Your task is to transcribe the entries below exactly, from their first line down to the line containing "f jobs) ≤ holders key jobs", and to stop there.

**DATASET**:
--------------------

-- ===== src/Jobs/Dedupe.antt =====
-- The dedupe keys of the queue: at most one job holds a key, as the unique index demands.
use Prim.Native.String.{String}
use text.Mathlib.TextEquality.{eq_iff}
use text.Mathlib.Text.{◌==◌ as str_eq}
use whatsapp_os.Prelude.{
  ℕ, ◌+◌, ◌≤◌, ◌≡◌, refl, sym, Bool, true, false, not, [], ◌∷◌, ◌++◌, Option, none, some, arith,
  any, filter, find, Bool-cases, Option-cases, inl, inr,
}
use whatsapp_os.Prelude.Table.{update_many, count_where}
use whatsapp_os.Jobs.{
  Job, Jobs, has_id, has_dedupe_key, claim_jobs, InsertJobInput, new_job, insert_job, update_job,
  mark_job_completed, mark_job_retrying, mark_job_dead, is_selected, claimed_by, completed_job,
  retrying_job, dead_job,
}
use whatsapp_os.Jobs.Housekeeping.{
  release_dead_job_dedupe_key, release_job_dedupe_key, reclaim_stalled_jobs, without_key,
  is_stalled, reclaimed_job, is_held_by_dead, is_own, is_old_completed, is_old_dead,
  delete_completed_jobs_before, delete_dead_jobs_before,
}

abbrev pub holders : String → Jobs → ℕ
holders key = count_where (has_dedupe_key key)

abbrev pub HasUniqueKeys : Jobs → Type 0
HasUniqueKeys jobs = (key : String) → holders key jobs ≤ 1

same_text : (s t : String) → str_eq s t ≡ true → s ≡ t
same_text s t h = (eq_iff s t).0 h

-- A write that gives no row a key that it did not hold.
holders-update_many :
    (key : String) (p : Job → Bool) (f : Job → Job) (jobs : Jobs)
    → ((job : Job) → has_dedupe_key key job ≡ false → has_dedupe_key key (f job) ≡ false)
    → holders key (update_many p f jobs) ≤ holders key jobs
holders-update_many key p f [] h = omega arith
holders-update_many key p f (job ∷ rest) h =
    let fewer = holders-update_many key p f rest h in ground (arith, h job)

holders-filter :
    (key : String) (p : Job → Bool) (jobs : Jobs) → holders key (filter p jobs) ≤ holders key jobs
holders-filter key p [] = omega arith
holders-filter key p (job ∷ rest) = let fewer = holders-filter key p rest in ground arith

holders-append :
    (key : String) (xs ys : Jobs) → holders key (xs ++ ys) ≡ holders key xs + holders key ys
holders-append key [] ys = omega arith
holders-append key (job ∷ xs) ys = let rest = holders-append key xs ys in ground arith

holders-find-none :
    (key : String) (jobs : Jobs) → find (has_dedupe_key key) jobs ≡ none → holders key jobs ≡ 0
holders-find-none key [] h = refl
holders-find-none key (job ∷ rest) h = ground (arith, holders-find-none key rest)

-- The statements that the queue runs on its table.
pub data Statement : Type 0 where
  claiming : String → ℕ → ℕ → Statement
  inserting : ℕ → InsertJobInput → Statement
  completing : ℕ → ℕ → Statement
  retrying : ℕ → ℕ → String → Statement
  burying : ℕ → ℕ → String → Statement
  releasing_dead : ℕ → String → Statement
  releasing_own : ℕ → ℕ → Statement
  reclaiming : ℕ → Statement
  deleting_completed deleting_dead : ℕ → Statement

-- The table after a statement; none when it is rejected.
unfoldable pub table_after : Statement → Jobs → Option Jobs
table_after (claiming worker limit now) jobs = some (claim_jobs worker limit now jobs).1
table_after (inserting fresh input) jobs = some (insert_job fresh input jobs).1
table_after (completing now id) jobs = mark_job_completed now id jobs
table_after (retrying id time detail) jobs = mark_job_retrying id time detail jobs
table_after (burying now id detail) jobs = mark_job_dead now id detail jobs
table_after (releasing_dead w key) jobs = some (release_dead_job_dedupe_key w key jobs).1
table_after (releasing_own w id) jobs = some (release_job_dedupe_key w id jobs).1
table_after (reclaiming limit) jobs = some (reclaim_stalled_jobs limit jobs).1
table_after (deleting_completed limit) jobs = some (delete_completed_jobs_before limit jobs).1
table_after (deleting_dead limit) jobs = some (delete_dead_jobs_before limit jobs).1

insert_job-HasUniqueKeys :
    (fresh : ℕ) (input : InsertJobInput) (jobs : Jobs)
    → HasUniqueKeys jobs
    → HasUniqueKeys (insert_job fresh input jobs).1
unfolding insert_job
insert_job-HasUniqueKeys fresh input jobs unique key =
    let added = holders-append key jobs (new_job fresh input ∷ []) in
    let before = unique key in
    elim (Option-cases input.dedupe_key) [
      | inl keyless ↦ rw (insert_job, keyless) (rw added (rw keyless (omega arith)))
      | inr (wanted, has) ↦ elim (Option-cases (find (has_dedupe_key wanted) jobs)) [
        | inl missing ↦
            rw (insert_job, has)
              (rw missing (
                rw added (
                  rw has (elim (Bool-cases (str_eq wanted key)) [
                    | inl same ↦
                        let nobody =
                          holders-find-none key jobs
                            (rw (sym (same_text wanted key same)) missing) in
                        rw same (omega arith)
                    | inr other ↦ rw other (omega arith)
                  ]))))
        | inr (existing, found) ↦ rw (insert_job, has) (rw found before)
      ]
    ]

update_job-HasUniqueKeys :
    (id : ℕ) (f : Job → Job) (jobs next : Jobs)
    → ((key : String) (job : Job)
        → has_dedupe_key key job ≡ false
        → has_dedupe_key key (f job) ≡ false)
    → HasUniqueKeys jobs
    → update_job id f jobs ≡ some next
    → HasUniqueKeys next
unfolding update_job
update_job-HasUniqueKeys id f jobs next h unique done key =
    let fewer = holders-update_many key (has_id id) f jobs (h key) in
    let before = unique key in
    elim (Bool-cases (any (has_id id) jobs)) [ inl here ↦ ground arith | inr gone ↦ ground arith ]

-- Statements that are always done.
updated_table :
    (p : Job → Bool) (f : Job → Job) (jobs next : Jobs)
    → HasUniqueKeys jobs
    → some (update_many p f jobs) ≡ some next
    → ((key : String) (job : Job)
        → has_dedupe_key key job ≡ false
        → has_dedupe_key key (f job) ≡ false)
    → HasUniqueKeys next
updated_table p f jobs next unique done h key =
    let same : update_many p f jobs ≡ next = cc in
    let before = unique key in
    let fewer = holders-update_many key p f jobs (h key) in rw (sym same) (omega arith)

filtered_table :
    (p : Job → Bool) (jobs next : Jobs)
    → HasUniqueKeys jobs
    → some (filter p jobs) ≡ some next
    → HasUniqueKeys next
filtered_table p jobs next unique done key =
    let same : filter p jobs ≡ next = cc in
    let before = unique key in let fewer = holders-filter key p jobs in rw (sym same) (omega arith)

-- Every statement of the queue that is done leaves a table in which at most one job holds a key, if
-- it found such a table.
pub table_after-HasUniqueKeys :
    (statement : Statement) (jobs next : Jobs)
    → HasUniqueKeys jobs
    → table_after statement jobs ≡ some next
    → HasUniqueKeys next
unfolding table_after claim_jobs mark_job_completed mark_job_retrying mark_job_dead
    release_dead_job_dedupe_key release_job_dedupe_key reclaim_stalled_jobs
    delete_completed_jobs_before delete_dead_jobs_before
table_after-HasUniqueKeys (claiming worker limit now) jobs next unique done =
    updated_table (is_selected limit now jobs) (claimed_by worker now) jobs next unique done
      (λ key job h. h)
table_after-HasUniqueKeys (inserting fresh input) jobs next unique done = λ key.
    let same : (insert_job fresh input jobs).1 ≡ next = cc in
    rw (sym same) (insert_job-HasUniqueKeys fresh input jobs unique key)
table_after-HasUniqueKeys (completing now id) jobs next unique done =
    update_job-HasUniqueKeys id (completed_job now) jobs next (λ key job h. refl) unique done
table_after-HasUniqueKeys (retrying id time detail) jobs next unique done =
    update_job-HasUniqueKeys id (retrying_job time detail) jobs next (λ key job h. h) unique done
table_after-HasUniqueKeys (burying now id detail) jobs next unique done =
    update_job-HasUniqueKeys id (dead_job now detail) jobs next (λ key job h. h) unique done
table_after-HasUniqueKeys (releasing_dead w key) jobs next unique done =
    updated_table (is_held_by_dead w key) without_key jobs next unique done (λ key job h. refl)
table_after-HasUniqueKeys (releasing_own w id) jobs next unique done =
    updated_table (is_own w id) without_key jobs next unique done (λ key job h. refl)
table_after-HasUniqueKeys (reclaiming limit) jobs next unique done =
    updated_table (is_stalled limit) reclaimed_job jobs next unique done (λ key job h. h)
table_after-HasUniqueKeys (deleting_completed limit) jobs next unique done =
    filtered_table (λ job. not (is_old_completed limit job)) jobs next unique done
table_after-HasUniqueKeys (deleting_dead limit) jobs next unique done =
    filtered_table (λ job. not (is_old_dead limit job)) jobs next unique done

--------------------

**OUTPUT BELOW**:
-- ===== src/Jobs/Dedupe.antt =====
-- The dedupe keys of the queue: at most one job holds a key, as the unique index demands.
use Prim.Native.String.{String}
use text.Mathlib.TextEquality.{eq_iff}
use text.Mathlib.Text.{◌==◌ as str_eq}
use whatsapp_os.Prelude.{
  ℕ, ◌+◌, ◌≤◌, ◌≡◌, refl, sym, Bool, true, false, not, [], ◌∷◌, ◌++◌, Option, none, some, arith,
  any, filter, find, Bool-cases, Option-cases, inl, inr,
}
use whatsapp_os.Prelude.Table.{update_many, count_where}
use whatsapp_os.Jobs.{
  Job, Jobs, has_id, has_dedupe_key, claim_jobs, InsertJobInput, new_job, insert_job, update_job,
  mark_job_completed, mark_job_retrying, mark_job_dead, is_selected, claimed_by, completed_job,
  retrying_job, dead_job,
}
use whatsapp_os.Jobs.Housekeeping.{
  release_dead_job_dedupe_key, release_job_dedupe_key, reclaim_stalled_jobs, without_key,
  is_stalled, reclaimed_job, is_held_by_dead, is_own, is_old_completed, is_old_dead,
  delete_completed_jobs_before, delete_dead_jobs_before,
}

abbrev pub holders : String → Jobs → ℕ
holders key = count_where (has_dedupe_key key)

abbrev pub HasUniqueKeys : Jobs → Type 0
HasUniqueKeys jobs = (key : String) → holders key jobs ≤ 1

same_text : (s t : String) → str_eq s t ≡ true → s ≡ t
same_text s t h = (eq_iff s t).0 h

-- A write that gives no row a key that it did not hold.
holders-update_many :
    (key : String) (p : Job → Bool) (f : Job → Job) (jobs : Jobs)
    → ((job : Job) → has_dedupe_key key job ≡ false → has_dedupe_key key (f job) ≡ false)
    → holders key (update_many p f jobs) ≤ holders key jobs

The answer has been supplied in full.